# Back from SC doe management hunt...No doe...



## FLTrapper (Feb 24, 2010)

But, I got a buck! I did not actually_ intend_ to get a buck, but it was nearly dark when I saw and shot him, that I seriously did_ not_ see the antlers for some reason! He was about 80 yards away and grazing, when I took the shot. (I was using my friend's .243) I only realized it was a buck when the guides dragged him out of the woods. He had only run about 40 yards in before dropping. I was surprized he even ran at all. Both lungs were gone, and the shoulders were busted.
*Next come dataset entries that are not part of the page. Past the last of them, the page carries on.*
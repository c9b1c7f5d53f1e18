-- ===== src/HttpFramework.antt =====
-- include/weblib/server/HttpFramework.hpp: what the process does on SIGINT. `app` installs the handler and gives
-- the one server, which is an argument here. Logging is left out.
use web_library.Base.{ℕ}
use web_library.HttpServer.{HttpServer, stop_server}

-- The server at std::exit, and the status of the process. The loop of the server is not left before.
pub record Exit : Type 0 where
  pub server : HttpServer
  pub status : ℕ

unfoldable pub sigint_handler : HttpServer → Exit
sigint_handler app = record { server = stop_server app; status = 0 }
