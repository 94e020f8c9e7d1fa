-- ===== src/Hook/Calls/Connect.antt =====
-- connect of libcocao/hook.cc: when it succeeds, and its timer.
use libcocao.Base.{
  ℕ, ◌≡◌, ◌≢◌, refl, ◌⊎◌, ◌↔◌, inl, inr, Bool, true, false, ◌&&◌, Option, none, some, [], ◌∷◌, ◌++◌,
  ◌==◌, ==_iff, arith, Bool-cases,
}
use libcocao.FdManager.{pos, FdCtx, System, Table, ok}
use libcocao.FdManager.Table.{at, get_peek}
use libcocao.Hook.{
  Result, returns, fails, einprogress, Wait, refused, resumed, called, add_event, yielded, Done,
  has_limit, arm, disarm,
}
use libcocao.Hook.Io.{armed}
use libcocao.Hook.Calls.{Connecting, connect_result, connect_wait, connect_on, connect_with_timeout}
use libcocao.Hook.Calls.Waits.{Blocking}

-- Whether the timer of a limit has fired while connect waited.
pub timed_out : ℕ → Wait → Bool
timed_out to (refused e) = false
timed_out to (resumed fired) = has_limit to && fired

-- When connect succeeds.
abbrev pub Connects : ℕ → Connecting → Type 0
Connects to w =
    (w.result ≡ returns (pos 0))
    ⊎ ((w.result ≡ fails einprogress)
        × (timed_out to w.wait ≡ false)
        × (w.getsockopt_errno ≡ none)
        × (w.so_error ≡ 0))

abbrev Connected : ℕ → Connecting → Done → Type 0
Connected to w d =
    (armed false d.effects ≡ some false) × ((d.result ≡ returns (pos 0)) ↔ Connects to w)

abbrev connecting : Result → Wait → Option ℕ → ℕ → Connecting
connecting x y z n = record { result = x; wait = y; getsockopt_errno = z; so_error = n }

timers_lem :
    (b fired : Bool)
    → (armed false (called ∷ arm b ++ add_event ∷ disarm b) ≡ some false)
      × (armed false (called ∷ arm b ++ add_event ∷ yielded ∷ disarm b) ≡ some false)
unfolding arm disarm armed
timers_lem true fired = (refl, refl)
timers_lem false fired = (refl, refl)

wait_lem :
    (to : ℕ) (y : Wait) (z : Option ℕ) (n : ℕ)
    → Connected to
        (connecting (fails einprogress) y z n)
        (connect_wait to (connecting (fails einprogress) y z n))
unfolding connect_wait connect_result timed_out
wait_lem to (refused e) z n = ((timers_lem (has_limit to) false).0, ground arith)
wait_lem to (resumed fired) z n = ((timers_lem (has_limit to) fired).1, ground arith)

once_lem :
    (to : ℕ) (w : Connecting)
    → w.result ≢ fails einprogress
    → Connected to w (record { result = w.result; effects = called ∷ [] })
unfolding armed
once_lem to w h = (refl, ground (arith, h))

on_lem :
    (to : ℕ) (x : Result) (y : Wait) (z : Option ℕ) (n : ℕ) (c : FdCtx)
    → Blocking c
    → Connected to (connecting x y z n) (connect_on (some c) to (connecting x y z n))
unfolding connect_on
on_lem to (returns m) y z n c b =
    rw (b.unclosed, b.socket, b.blocks)
      (once_lem to (connecting (returns m) y z n) (λ q. ground arith))
on_lem to (fails e) y z n c b =
    rw (b.unclosed, b.socket, b.blocks)
      (elim (Bool-cases (e == einprogress)) [
        | inl q ↦ rw ((==_iff e einprogress).0 q) (wait_lem to y z n)
        | inr q ↦ rw q (once_lem to (connecting (fails e) y z n) (λ q'. ground arith))
      ])

-- connect on a blocking socket of the table. It returns, every timer it added is cancelled, and it
-- answers 0 exactly in these cases: connect_f has succeeded; or it is in progress, and SO_ERROR is
-- read as 0 after a wait in which no limit of time has run out, or at once where addEvent fails.
pub connect_lem :
    (s : System) (t : Table) (fd to : ℕ) (w : Connecting) (c : FdCtx)
    → at t fd ≡ some c
    → Blocking c
    → (d : Done) × (connect_with_timeout s true t (pos fd) to w ≡ ok d)
      × (armed false d.effects ≡ some false)
      × ((d.result ≡ returns (pos 0)) ↔ Connects to w)
unfolding connect_with_timeout
connect_lem s t fd to w c e b =
    let (timers, zero_iff) = on_lem to w.result w.wait w.getsockopt_errno w.so_error c b in
    (connect_on (some c) to w, rw (get_peek s t fd, e, connect_with_timeout) refl, timers, zero_iff)
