-- ===== src/Hook/Calls/Runs.antt =====
-- Runs of the conversions in libcocao/hook.cc.
use libcocao.Base.{◌+◌, ◌^◌, ◌≡◌, refl}
use libcocao.FdManager.{pos}
use libcocao.Hook.Calls.{to_int, sleep_ms}

-- A result that is no int loses its high bits where the descriptor has no context.
big_result : to_int (pos (2 ^ 32 + 7)) ≡ pos 7
unfolding to_int
big_result = refl

sleep_too_long : sleep_ms 4294968 ≡ 704
unfolding sleep_ms
sleep_too_long = refl
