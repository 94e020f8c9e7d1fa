-- ===== src/Hook/Calls/Sleeps.antt =====
-- The hooked sleeps of libcocao/hook.cc: how long they sleep.
use libcocao.Base.{ℕ, ◌+◌, ◌*◌, ◌/◌, ◌^◌, ◌≤◌, ◌<◌, ◌≡◌, ◌↔◌, arith}
use libcocao.Hook.Calls.{sleep_ms, nanosleep_ms}

-- The hooked sleep sleeps its time exactly for less than 4294968 seconds (some 50 days), and a shorter
-- time for all other arguments.
sleep_ms_lem : (s : ℕ) → ((sleep_ms s ≡ s * 1000) ↔ (s < 4294968)) × (sleep_ms s ≤ s * 1000)
unfolding sleep_ms
sleep_ms_lem s = ground arith

-- The time in milliseconds is less than 2^63, so that the product does not overflow. The hooked
-- nanosleep sleeps the whole milliseconds of its time exactly if they are an int, that is
-- for times of less than 2147483648 ms (some 25 days).
nanosleep_ms_lem :
    (sec nsec : ℕ)
    → nsec < 1000000000
    → sec < 9223372036854775
    → (nanosleep_ms sec nsec ≡ sec * 1000 + nsec / 1000000) ↔ (sec * 1000 + nsec / 1000000 < 2 ^ 31)
unfolding nanosleep_ms
nanosleep_ms_lem sec nsec h k = ground arith
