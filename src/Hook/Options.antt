-- ===== src/Hook/Options.antt =====
-- fcntl, ioctl and setsockopt of libcocao/hook.cc. The system's calls are parameters.
pub mod Flags
pub mod Limits
use libcocao.Base.{
  ℕ, ◌+◌, ◌-◌, ◌*◌, ◌/◌, ◌%◌, ◌^◌, Bool, true, false, not, ◌&&◌, ◌||◌, Option, none, some, List,
  ◌==◌, if◌then◌else◌, set,
}
use libcocao.FdManager.{
  ℤ, pos, negsuc, FdCtx, System, TimeoutType, rcvtimeo, sndtimeo, set_timeout, Table, Outcome, ok,
  fault, get,
}

-- Whether flags have O_NONBLOCK, bit 11.
pub has_nonblock : ℕ → Bool
has_nonblock flags = flags / 2048 % 2 == 1

-- `flags | O_NONBLOCK`.
pub with_nonblock : ℕ → ℕ
unfolding has_nonblock
with_nonblock flags = if has_nonblock flags then flags else flags + 2048

-- `flags & ~O_NONBLOCK`.
pub without_nonblock : ℕ → ℕ
unfolding has_nonblock
without_nonblock flags = if has_nonblock flags then flags - 2048 else flags

-- The contexts that fcntl and ioctl act on: known, open sockets.
pub hooked : Option FdCtx → Option FdCtx
hooked none = none
hooked (some c) = if c.is_closed || not c.is_socket then none else some c

-- The table has the context's pointer, so a change of the context is one of the table.
pub put : Table → ℤ → FdCtx → Table
put t (pos fd) c = set t fd (some c)
put t (negsuc n) c = t

module _ {K : Type 0} (setfl : K → ℕ → K) (getfl : K → ℕ) where
  -- fcntl with F_SETFL.
  pub fcntl_setfl : System → Table → ℤ → ℕ → K → Outcome (Table × K)
  unfolding hooked put has_nonblock with_nonblock without_nonblock
  fcntl_setfl s t fd arg k = elim (get s t fd false) [
    | fault ↦ fault
    | ok (t', x) ↦ elim (hooked x) [
      | none ↦ ok (t', setfl k arg)
      | some c ↦ ok (
        put t' fd (record c { user_nonblock = has_nonblock arg }),
        setfl k (if c.sys_nonblock then with_nonblock arg else without_nonblock arg),
      )
    ]
  ]

  -- fcntl with F_GETFL, where fcntl_f succeeds.
  pub fcntl_getfl : System → Table → ℤ → K → Outcome ℕ
  unfolding hooked with_nonblock without_nonblock
  fcntl_getfl s t fd k = elim (get s t fd false) [
    | fault ↦ fault
    | ok (t', x) ↦ elim (hooked x) [
      | none ↦ ok (getfl k)
      | some c ↦
          ok (if c.user_nonblock then with_nonblock (getfl k) else without_nonblock (getfl k))
    ]
  ]

-- ioctl with FIONBIO: the table before ioctl_f is called with the same arguments.
pub ioctl_nonblock : System → Table → ℤ → Bool → Outcome Table
unfolding hooked put
ioctl_nonblock s t fd user_nonblock = elim (get s t fd false) [
  | fault ↦ fault
  | ok (t', x) ↦ elim (hooked x) [
    | none ↦ ok t'
    | some c ↦ ok (put t' fd (record c { user_nonblock = user_nonblock }))
  ]
]

abbrev pub so_reuseaddr : ℕ
so_reuseaddr = 2

abbrev pub so_rcvtimeo : ℕ
so_rcvtimeo = 20

abbrev pub so_sndtimeo : ℕ
so_sndtimeo = 21

pub timeout_type : ℕ → TimeoutType
timeout_type optname = if optname == so_rcvtimeo then rcvtimeo else sndtimeo

-- setsockopt: the table before setsockopt_f is called. `optval` is read as a timeval of seconds and
-- microseconds. The test is `optname == SO_RCVTIMEO || SO_SNDTIMEO`.
pub setsockopt : System → Bool → Table → ℤ → ℕ → ℕ × ℕ → Outcome Table
unfolding timeout_type put
setsockopt s hook t fd optname optval =
    if hook && (optname == so_rcvtimeo || not (so_sndtimeo == 0))
    then elim (get s t fd false) [
      | fault ↦ fault
      | ok (t', none) ↦ ok t'
      | ok (t', some c) ↦ ok (
          put t' fd
            (set_timeout c (timeout_type optname) ((optval.0 * 1000 + optval.1 / 1000) % 2 ^ 64)))
    ]
    else ok t
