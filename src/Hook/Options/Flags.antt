-- ===== src/Hook/Options/Flags.antt =====
-- O_NONBLOCK in fcntl of libcocao/hook.cc: what the program sees and what the system has.
use libcocao.Base.{
  ℕ, ◌<◌, ◌≡◌, refl, ◌∙◌, Bool, true, false, some, arith, ==_self, if◌then◌else◌, length, set,
}
use libcocao.FdManager.{pos, FdCtx, System, Table, ok}
use libcocao.FdManager.Table.{at, at-set, get_peek}
use libcocao.Hook.Options.{
  has_nonblock, with_nonblock, without_nonblock, hooked, put, fcntl_setfl, fcntl_getfl,
}

with_nonblock_lem : (a : ℕ) → has_nonblock (with_nonblock a) ≡ true
unfolding has_nonblock with_nonblock
with_nonblock_lem a = ground arith

without_nonblock_lem : (a : ℕ) → has_nonblock (without_nonblock a) ≡ false
unfolding has_nonblock without_nonblock
without_nonblock_lem a = ground arith

-- The file status flags of the system's descriptor: F_SETFL can change O_NONBLOCK, and F_GETFL shows
-- what was set.
pub record StatusFlags {K : Type 0} (setfl : K → ℕ → K) (getfl : K → ℕ) : Type 0 where
  pub sets_nonblock : (k : K) (a : ℕ) → has_nonblock (getfl (setfl k a)) ≡ has_nonblock a

module _ {K : Type 0} (setfl : K → ℕ → K) (getfl : K → ℕ) where
  -- fcntl on an open socket of the table, which do_io relies on to be nonblocking. Whatever flags the
  -- program sets, the system's descriptor has O_NONBLOCK afterwards, and F_GETFL shows O_NONBLOCK
  -- exactly if the program has set it.
  pub fcntl_roundtrip :
      (s : System) (t : Table) (fd arg : ℕ) (k : K) (c : FdCtx)
      → StatusFlags setfl getfl
      → fd < length t
      → at t fd ≡ some c
      → c.is_closed ≡ false
      → c.is_socket ≡ true
      → c.sys_nonblock ≡ true
      → (t' : Table) × (k' : K) × (flags : ℕ) × (fcntl_setfl setfl getfl s t (pos fd) arg k
          ≡ ok (t', k'))
        × (has_nonblock (getfl k') ≡ true)
        × (fcntl_getfl setfl getfl s t' (pos fd) k' ≡ ok flags)
        × (has_nonblock flags ≡ has_nonblock arg)
  unfolding fcntl_setfl fcntl_getfl hooked put
  fcntl_roundtrip s t fd arg k c law h e unclosed socket sys =
      let c' = record c { user_nonblock = has_nonblock arg } in
      let t' = set t fd (some c') in
      let k' = setfl k (with_nonblock arg) in
      let kept : at t' fd ≡ some c' = at-set t fd fd (some c') h ∙ rw (==_self fd) refl in
      (
        t',
        k',
        (if has_nonblock arg then with_nonblock (getfl k') else without_nonblock (getfl k')),
        rw (get_peek s t fd, e, unclosed, socket, sys, fcntl_setfl, hooked) refl,
        law.sets_nonblock k (with_nonblock arg) ∙ with_nonblock_lem arg,
        rw (get_peek s t' fd, kept, unclosed, socket, fcntl_getfl, hooked) refl,
        shown (has_nonblock arg) (getfl k'),
      )
    where
      shown :
          (b : Bool) (a : ℕ) → has_nonblock (if b then with_nonblock a else without_nonblock a) ≡ b
      shown true a = with_nonblock_lem a
      shown false a = without_nonblock_lem a
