-- ===== src/Hook/Options/Limits.antt =====
-- setsockopt of libcocao/hook.cc and the limits of time that do_io takes from the table.
use libcocao.Base.{
  ℕ, ◌+◌, ◌*◌, ◌/◌, ◌%◌, ◌^◌, ◌<◌, ◌≡◌, refl, ◌∙◌, inl, inr, Bool, true, not, some, List, ◌==◌,
  ==_self, if◌then◌else◌, length, set, Bool-cases,
}
use libcocao.FdManager.{
  pos, FdCtx, System, TimeoutType, rcvtimeo, sndtimeo, Table, ok, set_timeout, get_timeout,
}
use libcocao.FdManager.Table.{at, at-set, get_peek}
use libcocao.Hook.{Round, io_loop}
use libcocao.Hook.Calls.{do_io}
use libcocao.Hook.Calls.Waits.{do_io_waits, Blocking}
use libcocao.Hook.Options.{put, timeout_type, so_rcvtimeo, setsockopt}

-- The milliseconds of a timeval.
abbrev pub in_ms : ℕ × ℕ → ℕ
in_ms v = (v.0 * 1000 + v.1 / 1000) % 2 ^ 64

-- The limit that setsockopt changes: the reading one for SO_RCVTIMEO, else the writing one.
pub is_changed : ℕ → TimeoutType → Bool
is_changed optname rcvtimeo = optname == so_rcvtimeo
is_changed optname sndtimeo = not (optname == so_rcvtimeo)

limit_after :
    (c : FdCtx) (optname : ℕ) (so : TimeoutType) (ms : ℕ)
    → get_timeout (set_timeout c (timeout_type optname) ms) so
      ≡ (if is_changed optname so then ms else get_timeout c so)
unfolding get_timeout set_timeout is_changed timeout_type
limit_after c optname rcvtimeo ms = elim (Bool-cases (optname == so_rcvtimeo)) [
  | inl q ↦ rw q refl
  | inr q ↦ rw q refl
]
limit_after c optname sndtimeo ms = elim (Bool-cases (optname == so_rcvtimeo)) [
  | inl q ↦ rw q refl
  | inr q ↦ rw q refl
]

set_timeout-Blocking :
    (c : FdCtx) (so : TimeoutType) (ms : ℕ) → Blocking c → Blocking (set_timeout c so ms)
unfolding set_timeout
set_timeout-Blocking c rcvtimeo ms b = record {
  unclosed = b.unclosed;
  socket = b.socket;
  blocks = b.blocks;
}
set_timeout-Blocking c sndtimeo ms b = record {
  unclosed = b.unclosed;
  socket = b.socket;
  blocks = b.blocks;
}

-- setsockopt of any option on a blocking socket of the table: if the option is SO_RCVTIMEO, the
-- reading calls afterwards wait for at most the time that optval gives as a timeval, and the writing
-- calls as long as before. If it is any other option, SO_SNDTIMEO or not, the same with the writing
-- calls for the reading ones.
pub setsockopt_limits :
    (s : System) (t : Table) (fd optname : ℕ) (v : ℕ × ℕ) (c : FdCtx)
    → fd < length t
    → at t fd ≡ some c
    → Blocking c
    → (t' : Table) × (setsockopt s true t (pos fd) optname v ≡ ok t')
      × ((so : TimeoutType) (rs : List Round)
          → do_io s true t' (pos fd) so rs
            ≡ ok (io_loop (if is_changed optname so then in_ms v else get_timeout c so) rs))
unfolding setsockopt put
setsockopt_limits s t fd optname v c h e b =
    let c' = set_timeout c (timeout_type optname) (in_ms v) in
    let t' = set t fd (some c') in
    let kept : at t' fd ≡ some c' = at-set t fd fd (some c') h ∙ rw (==_self fd) refl in
    (
      t',
      elim (Bool-cases (optname == so_rcvtimeo)) [
        | inl q ↦ rw (get_peek s t fd, e, q, setsockopt) refl
        | inr q ↦ rw (get_peek s t fd, e, q, setsockopt) refl
      ],
      λ so rs.
          do_io_waits s t' fd so rs c' kept
            (set_timeout-Blocking c (timeout_type optname) (in_ms v) b)
          ∙ rw (limit_after c optname so (in_ms v)) refl,
    )
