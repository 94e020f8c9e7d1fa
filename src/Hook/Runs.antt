-- ===== src/Hook/Runs.antt =====
-- Runs of the hooked calls of libcocao/hook.cc.
use libcocao.Base.{
  ℕ, ◌≡◌, refl, ◌⊎◌, ◌↔◌, true, false, none, some, List, [], ◌∷◌, ◌++◌, arith, if◌then◌else◌, set,
  replicate, All,
}
use libcocao.FdManager.{pos, FdCtx, System, no_limit, TimeoutType, get_timeout, Table, ok}
use libcocao.FdManager.Table.{at}
use libcocao.Hook.{
  Result, returns, fails, eintr, eagain, einprogress, refused, resumed, Round, called, add_timer,
  cancel_timer, add_event, yielded, Done, io_loop,
}
use libcocao.Hook.Io.{GoesOn, EndsWith, armed, Ended, io_loop_lem}
use libcocao.Hook.Calls.{do_io, Connecting, connect_with_timeout, socket, close}
use libcocao.Hook.Calls.Close.{close_lem}
use libcocao.Hook.Calls.Connect.{Connects, connect_lem}
use libcocao.Hook.Calls.Waits.{Blocking}
use libcocao.Hook.Options.{has_nonblock, fcntl_setfl, fcntl_getfl, so_reuseaddr, setsockopt}
use libcocao.Hook.Options.Flags.{StatusFlags, fcntl_roundtrip}
use libcocao.Hook.Options.Limits.{in_ms, is_changed, setsockopt_limits}

-- A blocking socket with a limit of a second for reading.
abbrev sock : FdCtx
sock = record {
  is_init = true;
  is_socket = true;
  sys_nonblock = true;
  user_nonblock = false;
  is_closed = false;
  fd = 3;
  recv_timeout = 1000;
  send_timeout = no_limit;
}

sock-Blocking : Blocking sock
sock-Blocking = record { unclosed = refl; socket = refl; blocks = refl }

abbrev table : Table
table = set (replicate 64 none) 3 (some sock)

abbrev sys : System
sys = record { fstat = λ _. some true; nonblocking = λ _. true }

-- Interrupted, then two waits for the event, then four bytes.
abbrev slow_read : List Round
slow_read =
    record { result = fails eintr; wait = resumed false }
    ∷ record { result = fails eagain; wait = resumed false }
    ∷ record { result = fails eagain; wait = resumed false }
    ∷ record { result = returns (pos 4); wait = resumed false }
    ∷ []

slow_read_result :
    io_loop 1000 slow_read
    ≡ some (record {
      result = returns (pos 4);
      effects =
          called ∷ called ∷ add_timer ∷ add_event ∷ yielded ∷ cancel_timer ∷ called ∷ add_timer
          ∷ add_event ∷ yielded ∷ cancel_timer ∷ called ∷ [];
    })
unfolding io_loop
slow_read_result = refl

io_loop_lem_example :
    (All (GoesOn 1000) slow_read × (io_loop 1000 slow_read ≡ none))
    ⊎ ((pre : List Round) × (r : Round) × (rest : List Round) × (x : Result) × (slow_read
          ≡ pre ++ r ∷ rest)
        × All (GoesOn 1000) pre
        × EndsWith 1000 r x
        × Ended (io_loop 1000 slow_read) x)
io_loop_lem_example = io_loop_lem 1000 slow_read

close_lem_example :
    ((close sys true true table (pos 3) ≡ ok (table, false))
      × ((t' : Table) × (socket sys true table (pos 3) ≡ ok t') × (at t' 3 ≡ some sock)))
    × ((t' : Table) × (close sys false true table (pos 3) ≡ ok (t', true)) × (at t' 3 ≡ none))
close_lem_example = close_lem sys sys true table 3 sock (omega arith) refl

-- The connection is in progress and addEvent fails.
abbrev stuck_connect : Connecting
stuck_connect = record {
  result = fails einprogress;
  wait = refused 2;
  getsockopt_errno = none;
  so_error = 0;
}

connect_lem_example :
    (d : Done) × (connect_with_timeout sys true table (pos 3) 5000 stuck_connect ≡ ok d)
    × (armed false d.effects ≡ some false)
    × ((d.result ≡ returns (pos 0)) ↔ Connects 5000 stuck_connect)
connect_lem_example = connect_lem sys table 3 5000 stuck_connect sock refl sock-Blocking

-- The kernel's flags are what was set last.
abbrev setfl : ℕ → ℕ → ℕ
setfl k a = a

abbrev getfl : ℕ → ℕ
getfl k = k

flags : StatusFlags setfl getfl
flags = record { sets_nonblock = λ k a. refl }

fcntl_roundtrip_example :
    (t' : Table) × (k' : ℕ) × (shown : ℕ) × (fcntl_setfl setfl getfl sys table (pos 3) 2 2050
      ≡ ok (t', k'))
    × (has_nonblock (getfl k') ≡ true)
    × (fcntl_getfl setfl getfl sys t' (pos 3) k' ≡ ok shown)
    × (has_nonblock shown ≡ has_nonblock 2)
fcntl_roundtrip_example =
    fcntl_roundtrip setfl getfl sys table 3 2 2050 sock flags (omega arith) refl refl refl refl

-- SO_REUSEADDR with the value 1, which is read as a timeval.
setsockopt_limits_example :
    (t' : Table) × (setsockopt sys true table (pos 3) so_reuseaddr (1, 0) ≡ ok t')
    × ((so : TimeoutType) (rs : List Round)
        → do_io sys true t' (pos 3) so rs
          ≡ ok (
              io_loop
                (if is_changed so_reuseaddr so then in_ms (1, 0) else get_timeout sock so)
                rs))
setsockopt_limits_example =
    setsockopt_limits sys table 3 so_reuseaddr (1, 0) sock (omega arith) refl sock-Blocking
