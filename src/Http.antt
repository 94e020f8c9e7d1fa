-- ===== src/Http.antt =====
-- The HTTP part, libcocao/http: texts, the header maps and the names of methods. Texts are lists of
-- characters. The table of methods is that of the vendored http-parser, and a parameter.
pub mod Cuts
pub mod Order
pub mod Maps
pub mod Methods
pub mod Request
pub mod Response
pub mod Text
pub mod Servlet
pub mod Server
mod Runs
use libcocao.Base.{
  ℕ, zero, suc, ◌+◌, Bool, true, false, not, ◌&&◌, Option, none, some, List, [], ◌∷◌, ◌++◌, map,
  ltb, leb, ◌==◌, if◌then◌else◌, ◌>>=◌,
}
use libcocao.Log.{text_eq, codes}

-- Output to a stream, before what is put out next.
infixr 66 ◌<<◌
abbrev pub ◌<<◌ : List ℕ → List ℕ → List ℕ
s << t = s ++ t

-- The text before the first character c, and the text behind it.
pub cut : ℕ → List ℕ → Option (List ℕ × List ℕ)
cut c [] = none
cut c (x ∷ s) =
    let rest = cut c s >>= λ r. some (x ∷ r.0, r.1) in if x == c then some ([], s) else rest

-- The characters that a C string has: those before the first NUL.
pub c_str : List ℕ → List ℕ
c_str [] = []
c_str (x ∷ s) = let rest = x ∷ c_str s in if x == 0 then [] else rest

-- tolower.
pub to_lower : ℕ → ℕ
to_lower c = if leb b'A' c && leb c b'Z' then c + 32 else c

-- What strcasecmp compares of a text.
pub fold : List ℕ → List ℕ
unfolding c_str to_lower
fold s = map to_lower (c_str s)

pub text_less : List ℕ → List ℕ → Bool
text_less [] [] = false
text_less [] (y ∷ t) = true
text_less (x ∷ s) [] = false
text_less (x ∷ s) (y ∷ t) =
    let rest = text_less s t in if ltb x y then true else if x == y then rest else false

-- CaseInsensitiveLess.
pub key_less : List ℕ → List ℕ → Bool
unfolding text_less fold
key_less lhs rhs = text_less (fold lhs) (fold rhs)

-- `strcasecmp(...) == 0`.
pub same_key : List ℕ → List ℕ → Bool
unfolding fold
same_key lhs rhs = text_eq (fold lhs) (fold rhs)

-- HttpRequest::MapType and HttpResponse::MapType, in the order of iteration.
abbrev pub Headers : Type 0
Headers = List (List ℕ × List ℕ)

-- `m.find(key)`: neither key is less.
pub find : List ℕ → Headers → Option (List ℕ)
unfolding key_less
find key [] = none
find key ((k, v) ∷ m) =
    let rest = find key m in if not (key_less k key) && not (key_less key k) then some v else rest

-- `m[key] = val`, which keeps the key that is there.
pub put : List ℕ → List ℕ → Headers → Headers
unfolding key_less
put key val [] = (key, val) ∷ []
put key val ((k, v) ∷ m) =
    let rest = (k, v) ∷ put key val m in
    if key_less key k
    then (key, val) ∷ (k, v) ∷ m
    else if key_less k key
    then rest
    else (k, val) ∷ m

-- `m.insert(make_pair(key, val))`, which keeps the value that is there.
pub insert : List ℕ → List ℕ → Headers → Headers
unfolding key_less
insert key val [] = (key, val) ∷ []
insert key val ((k, v) ∷ m) =
    let rest = (k, v) ∷ insert key val m in
    if key_less key k then (key, val) ∷ (k, v) ∷ m else if key_less k key then rest else (k, v) ∷ m

-- `m.erase(key)`.
pub erase : List ℕ → Headers → Headers
unfolding key_less
erase key [] = []
erase key ((k, v) ∷ m) =
    let rest = (k, v) ∷ erase key m in
    if not (key_less k key) && not (key_less key k) then m else rest

-- getHeader, getParam and getCookie once the map is there.
pub get_or : List ℕ → List ℕ → Headers → List ℕ
unfolding find
get_or key def m = elim (find key m) [ none ↦ def | some v ↦ v ]

-- HTTP_METHOD_MAP: the texts of the methods, by their numbers from 0 on.
abbrev pub Methods : Type 0
Methods = List (List ℕ)

-- StringToHttpMethod, from a number on. The number behind the last is INVALID_METHOD.
pub method_from : ℕ → Methods → List ℕ → ℕ
method_from n [] m = n
method_from n (text ∷ more) m =
    let rest = method_from (suc n) more m in if text_eq text m then n else rest

pub string_to_http_method : Methods → List ℕ → ℕ
unfolding method_from c_str
string_to_http_method methods m = method_from 0 methods (c_str m)

-- HttpMethodToString.
pub http_method_to_string : Methods → ℕ → List ℕ
http_method_to_string [] n = codes "<unknown>"
http_method_to_string (text ∷ more) zero = text
http_method_to_string (text ∷ more) (suc n) = http_method_to_string more n
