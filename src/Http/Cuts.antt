-- ===== src/Http/Cuts.antt =====
-- The search for a character in the texts of libcocao/http.
use libcocao.Base.{
  ℕ, ◌+◌, ◌≡◌, ◌≢◌, refl, inl, inr, none, some, List, [], ◌∷◌, ◌++◌, Option-cases, All, length,
  arith,
}
use libcocao.Http.{cut}

pub cut-append : (c : ℕ) (a b : List ℕ) → All (λ x. x ≢ c) a → cut c (a ++ c ∷ b) ≡ some (a, b)
unfolding cut
cut-append c [] b h = ground arith
cut-append c (x ∷ a) b h = ground (arith, cut-append c a b h.1)

pub cut-none : (c : ℕ) (a : List ℕ) → All (λ x. x ≢ c) a → cut c a ≡ none
unfolding cut
cut-none c [] h = refl
cut-none c (x ∷ a) h = ground (arith, cut-none c a h.1)

-- What is cut and the character are the whole text.
pub length-cut :
    (c : ℕ) (s a b : List ℕ) → cut c s ≡ some (a, b) → length a + length b + 1 ≡ length s
unfolding cut
length-cut c [] a b e = absurd (ground arith)
length-cut c (x ∷ s) a b e = elim (Option-cases (cut c s)) [
  | inl f ↦ ground (arith, f)
  | inr ((p, q), f) ↦ ground (arith, f, length-cut c s p q f)
]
Small as he was, it was still a legal kill for that area, and it was an amazing experience. SO exciting, to finally get my first deer! He might be a little guy, but he is going on my wall!






​


----------



## bar-d (Feb 3, 2010)

Congratulations FLT, you will always remember your first buck no matter how big or small it might be. .243 is a great caliber. I have killed several deer and a truckload of coyotes with mine.


----------



## TexAgBQ81 (Mar 4, 2010)

yes congrats. many people are supprised at how much of a will to "live" or will to "get away from danger" a whitetail has making them escape into the brush. glad you found him. you did from the looks of it only need a single shot. he looks as though he was very healthy also.


----------



## youngdon (Mar 10, 2010)

Congratulations to you, FLT !! Be sure to post some pics of the finished mount.


----------



## hassell (Feb 9, 2010)

Awesome FLT, not that we can't tell from your grin how happy you are, as for mounting I would say its about ready by how stiff looking it looks all stretched out like a Grey hound racer.


----------



## SWAMPBUCK10PT (Apr 5, 2010)

Thanks for shar'en story and pic---Congrads on your first BUCK--Good shoot'en


----------



## FLTrapper (Feb 24, 2010)

Thanks, I'll be sure to post pics of the mount when I get it done. And the reason he looks so stiff in the picture, is because they put him in a meat cooler overnight so we could do all the skinning/quartering the next morning. It was pretty late when we got back to the lodge, since 2 other ladies in my group got does that same evening and we had to recover them all. It was a successful hunt!


----------



## hassell (Feb 9, 2010)

Do you have to use guides to hunt or can you just purchase an non-res. license and go out on your own with or without a state resident?


----------



## On a call (Mar 3, 2010)

Hassell I may be mistaken but you do not need a guide, or at least required. Many of the states do have an early doe season trying to limit the doe heard.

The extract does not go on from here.